WCAB Los Angeles has exclusive jurisdiction over §132a discrimination petitions for Glassell Park workers. The §132a petition is filed in the WCAB system — not in Los Angeles County Superior Court — and is heard by a workers' compensation judge on the regular MSC and trial calendar at WCAB Los Angeles. A Certified Specialist (California Board of Legal Specialization, State Bar of California) will typically file the §132a alongside or shortly after the underlying claim so a single MSC calendar slot resolves both.
Termination is the headline.
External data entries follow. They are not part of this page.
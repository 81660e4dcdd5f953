-- ===== src/Proxy/Cacheable/Keys.antt =====
-- Which requests share a key of the cache.
use proxy_manager.Prelude.{Bool, ◌≡◌, ◌≢◌, refl, ◌∷◌, ◌++◌, Bytes, All, append_assoc, split_unique}
use proxy_manager.Proxy.Cacheable.{cache_key, normalize_accept_encoding}

-- Two requests share a key only where host, path, query and codings agree, as long as no host
-- or query has a NUL and no decoded path has a question mark.
pub cache_key_unique :
    (parses_to_zero : Bytes → Bool) (host path query codings host' path' query' codings' : Bytes)
    → All (λ c. c ≢ 0) host
    → All (λ c. c ≢ 0) host'
    → All (λ c. c ≢ b'?') path
    → All (λ c. c ≢ b'?') path'
    → All (λ c. c ≢ 0) query
    → All (λ c. c ≢ 0) query'
    → cache_key parses_to_zero host path query codings
      ≡ cache_key parses_to_zero host' path' query' codings'
    → (host ≡ host')
      × (path ≡ path')
      × (query ≡ query')
      × (normalize_accept_encoding parses_to_zero codings
          ≡ normalize_accept_encoding parses_to_zero codings')
unfolding cache_key
cache_key_unique parses_to_zero host path query codings host' path' query' codings' h h' p p' q q'
      e =
    let (hosts, after_host) = split_unique 0 host host' _ _ h h' e in
    let (paths, after_path) = split_unique b'?' path path' _ _ p p' after_host in
    let (queries, rest) = split_unique 0 query query' _ _ q q' after_path in
    (hosts, paths, queries, rest)

-- The decoded path is not told from the query: a path with a question mark shares its key with
-- another path and query.
pub cache_key-collision :
    (parses_to_zero : Bytes → Bool) (host path more query codings : Bytes)
    → cache_key parses_to_zero host (path ++ b'?' ∷ more) query codings
      ≡ cache_key parses_to_zero host path (more ++ b'?' ∷ query) codings
unfolding cache_key
cache_key-collision parses_to_zero host path more query codings =
    let last = normalize_accept_encoding parses_to_zero codings in
    rw
      (
        append_assoc path (b'?' ∷ more) (b'?' ∷ (query ++ 0 ∷ last)),
        append_assoc more (b'?' ∷ query) (0 ∷ last),
      )
      refl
But §132a covers any discriminatory action — demotion, schedule change designed to force resignation, hours cut, denial of light-duty work the employee can perform, refusal to engage in the §4658.7 voucher process, discriminatory enforcement of attendance rules, and threats. Glassell Park's economic mix as a Northeast Los Angeles Latino neighborhood sees §132a actions across retail, hospitality, warehousing, construction, and healthcare employers, and the §132a fact pattern is often layered with parallel FEHA disability-discrimination or wrongful-termination claims that proceed in Los Angeles County Superior Court.
One year from the date of the discriminatory act. The §132a clock runs from the discrete adverse action — the termination, the demotion, the hours cut — not from when the underlying workers' compensation injury occurred or when the DWC-1 was filed. Calendar the §132a one-year deadline the day the adverse action takes effect, and calendar any parallel FEHA one-year (DFEH right-to-sue) or §3550-related deadlines at the same time. WCAB Los Angeles judges treat §132a calendaring strictly — a one-day late §132a petition is dismissed without reaching the merits, and no §5402(b)-style presumption rescues the late filing for Glassell Park workers regardless of how strong the underlying retaliation facts are.
Last reviewed by Eman Yazdchi, Esq., June 2026.